Aboriginal People Outside of Reserves
One matter that habitually falls between the cracks is the provision of programs and services -- not to mention opportunities for self-determination -- for Aboriginal people outside of Indian reserves. This is especially true of Metis and non-status Indians, many of whom live in our major urban centres. Although discussions are under way and some commitments have been made, federal and provincial governments have yet to devise a comprehensive approach to dealing with the needs of these groups. This is despite the fact that they now constitute a majority of Aboriginal people in Canada and face particular challenges, including social and economic conditions that can be worse than those on reserves. Discussions have begun with the Metis and non-status Indian organizations, but signs of real progress are still scarce.
The Minister of Indian Affairs announced this Fall that First Nations' election rules would be amended to allow off-reserve band members to vote in elections for band councillors and in referenda held pursuant to the Indian Act. The government here is implementing the Supreme Court of Canada's ruling in the Corbiere v. (Canada(Minister of Indian and Northern Affairs)) case. More than 200,000 new voters will now be able to have a say in elections and referenda that may have a significant impact on their lives.
Overall this is a positive development that will strengthen self-government. But as First Nations have pointed out, implementation of the Supreme Court decision will have little practical benefit if First Nation governments are not given sufficient resources to meet the needs of all their citizens.
Compensation for Past Acts of Discrimination
As was noted earlier in relation to the World Conference Against Racism, compensation for past acts of racial discrimination is a critical issue. In Canada, the experience of former students of Aboriginal residential schools, which were funded by the federal government and managed by church organizations, is one example. Both historic research and court decisions show that physical and sexual abuse were common occurrences in the residential school system, along with the systematic deprivation of Aboriginal culture and language. In 1998, the Canadian government expressed its profound regret for the wrongs suffered by Aboriginal peoples in these schools.
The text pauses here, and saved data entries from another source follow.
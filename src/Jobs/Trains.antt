-- ===== src/Jobs/Trains.antt =====
-- Validated trains and the choice of one (src/mergetrain/persistence/jobs.py,
-- validated_train_summaries and select_validated_train).
use mergetrain.Prelude.{
  ℕ, Bool, true, ◌&&◌, Option, none, some, List, [], ◌∷◌, String, ltb, if◌then◌else◌, nonempty,
  ◌<>◌, is_some, select, first, map, ◌==◌, nat_column, text_column, decimal, length, ◌++◌,
}
use mergetrain.Model.{Job, status_column, Stamp, validated}
use mergetrain.Store.{Store, M, ◌>>=◌, ◌>>◌, return, reads, require, raise, queue_error, has_status}
use mergetrain.Leases.{stamp_eq}
use mergetrain.Jobs.Reads.{list_jobs_fifo}

pub record Member : Type 0 where
  pub job_id : ℕ
  pub branch : String
  pub validated_head_sha : String

-- One summary; an absent train id is the empty text.
pub record Summary : Type 0 where
  pub train_id : String
  pub train_size : ℕ
  pub job_ids : List ℕ
  pub branches : List Member
  pub validated_at : Stamp
  pub validation_base_sha : String
  pub validation_sha : String
  pub deploy_eligible : Bool
  pub reuse_identity_complete : Bool
  pub validation_tree_sha : String
  pub validation_gate_policy_sha : String
  pub validation_environment_sha : String
  pub validation_train_sha : String

-- The jobs of a group stand under the key of the first of them.
abbrev pub group_key : Job → String
group_key j = if nonempty j.train_id then j.train_id else "legacy-job-" <> decimal j.id

abbrev pub Group : Type 0
Group = String × List Job

-- `groups.setdefault(key, []).append(job)`
pub append_to_group : Job → List Group → List Group
append_to_group j [] = (group_key j, j ∷ []) ∷ []
append_to_group j ((key, jobs) ∷ groups) =
    let rest = append_to_group j groups in
    if key == group_key j then (key, jobs ++ j ∷ []) ∷ groups else (key, jobs) ∷ rest

pub group_jobs : List Group → List Job → List Group
group_jobs groups [] = groups
group_jobs groups (j ∷ js) = group_jobs (append_to_group j groups) js

-- `len({job.column for job in jobs}) == 1`, of jobs that are not none
pub same_text : (Job → String) → Job → List Job → Bool
same_text column j [] = true
same_text column j (k ∷ ks) = column k == column j && same_text column j ks

pub same_size : Job → List Job → Bool
same_size j [] = true
same_size j (k ∷ ks) = k.train_size == j.train_size && same_size j ks

pub same_time : Job → List Job → Bool
same_time j [] = true
same_time j (k ∷ ks) = stamp_eq k.validated_at j.validated_at && same_time j ks

pub all_heads : List Job → Bool
all_heads [] = true
all_heads (k ∷ ks) = nonempty k.validated_head_sha && all_heads ks

-- `complete`: the identity by which a train may be deployed
pub is_complete : Job → List Job → Bool
unfolding same_text same_size same_time all_heads
is_complete j jobs =
    nonempty j.train_id
    && j.train_size == length jobs
    && same_size j jobs
    && same_time j jobs
    && same_text (λ k. k.validation_base_sha) j jobs
    && same_text (λ k. k.validation_sha) j jobs
    && is_some j.validated_at
    && nonempty j.validation_base_sha
    && nonempty j.validation_sha
    && all_heads jobs

pub is_reuse_complete : Job → List Job → Bool
unfolding is_complete
is_reuse_complete j jobs =
    is_complete j jobs
    && same_text (λ k. k.validation_tree_sha) j jobs
    && same_text (λ k. k.validation_gate_policy_sha) j jobs
    && same_text (λ k. k.validation_environment_sha) j jobs
    && same_text (λ k. k.validation_train_sha) j jobs
    && nonempty j.validation_tree_sha
    && nonempty j.validation_gate_policy_sha
    && nonempty j.validation_environment_sha
    && nonempty j.validation_train_sha

pub summarize : Job → List Job → Summary
unfolding is_reuse_complete
summarize j jobs = record {
  train_id = j.train_id;
  train_size = j.train_size;
  job_ids = map (λ k. k.id) jobs;
  branches =
      map
        (λ k. record {
          job_id = k.id;
          branch = k.branch;
          validated_head_sha = k.validated_head_sha;
        })
        jobs;
  validated_at = j.validated_at;
  validation_base_sha = j.validation_base_sha;
  validation_sha = j.validation_sha;
  deploy_eligible = is_complete j jobs;
  reuse_identity_complete = is_reuse_complete j jobs;
  validation_tree_sha = j.validation_tree_sha;
  validation_gate_policy_sha = j.validation_gate_policy_sha;
  validation_environment_sha = j.validation_environment_sha;
  validation_train_sha = j.validation_train_sha;
}

-- A group always has a first job.
pub summarize_groups : List Group → List Summary
unfolding summarize
summarize_groups [] = []
summarize_groups ((key, []) ∷ groups) = summarize_groups groups
summarize_groups ((key, j ∷ js) ∷ groups) = summarize j (j ∷ js) ∷ summarize_groups groups

pub validated_train_summaries : Store → List Summary
unfolding group_jobs append_to_group summarize_groups
validated_train_summaries s =
    summarize_groups (group_jobs [] (select (has_status validated) s.jobs))

-- `[summary for summary in summaries if summary["train_id"] == train_id][0]`
abbrev pub or_not_found : Option Summary → M (Option Summary)
or_not_found none = raise queue_error
or_not_found (some t) = return (some t)

unfoldable pub chosen : String → List Summary → M (Option Summary)
chosen train_id summaries = or_not_found (first (λ t. t.train_id == train_id) summaries)

-- The one deployable train; several, or validated jobs without one, are refused.
abbrev pub sole : ℕ → List Summary → M (Option Summary)
sole trains [] = if ltb 0 trains then raise queue_error else return none
sole trains (t ∷ more) = if ltb 0 (length more) then raise queue_error else return (some t)

unfoldable pub only_deployable : List Summary → M (Option Summary)
only_deployable summaries = sole (length summaries) (select (λ t. t.deploy_eligible) summaries)

unfoldable pub with_members : Option Summary → M (Option Summary × List Job)
with_members none = return (none, [])
with_members (some t) = do
  require t.deploy_eligible queue_error
  jobs ← reads (list_jobs_fifo validated)
  return (some t, select (λ j. j.train_id == t.train_id) jobs)

unfoldable pub select_validated_train : String → M (Option Summary × List Job)
unfolding chosen only_deployable with_members
select_validated_train train_id = do
  summaries ← reads validated_train_summaries
  selected ← (if nonempty train_id then chosen train_id summaries else only_deployable summaries)
  with_members selected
But, there are now more than 7,000 pending court claims relating to residential school abuse and several thousand more are predicted. As emphasized by the Law Commission of Canada's recent ground-breaking study of institutional child abuse, there are practical alternatives to litigating each case, a process that often re-victimizes people already scarred by their residential school experience. It is therefore encouraging to report that the Deputy Prime Minister has initiated discussions aimed at achieving a comprehensive and fair resolution of redress claims outside the court system.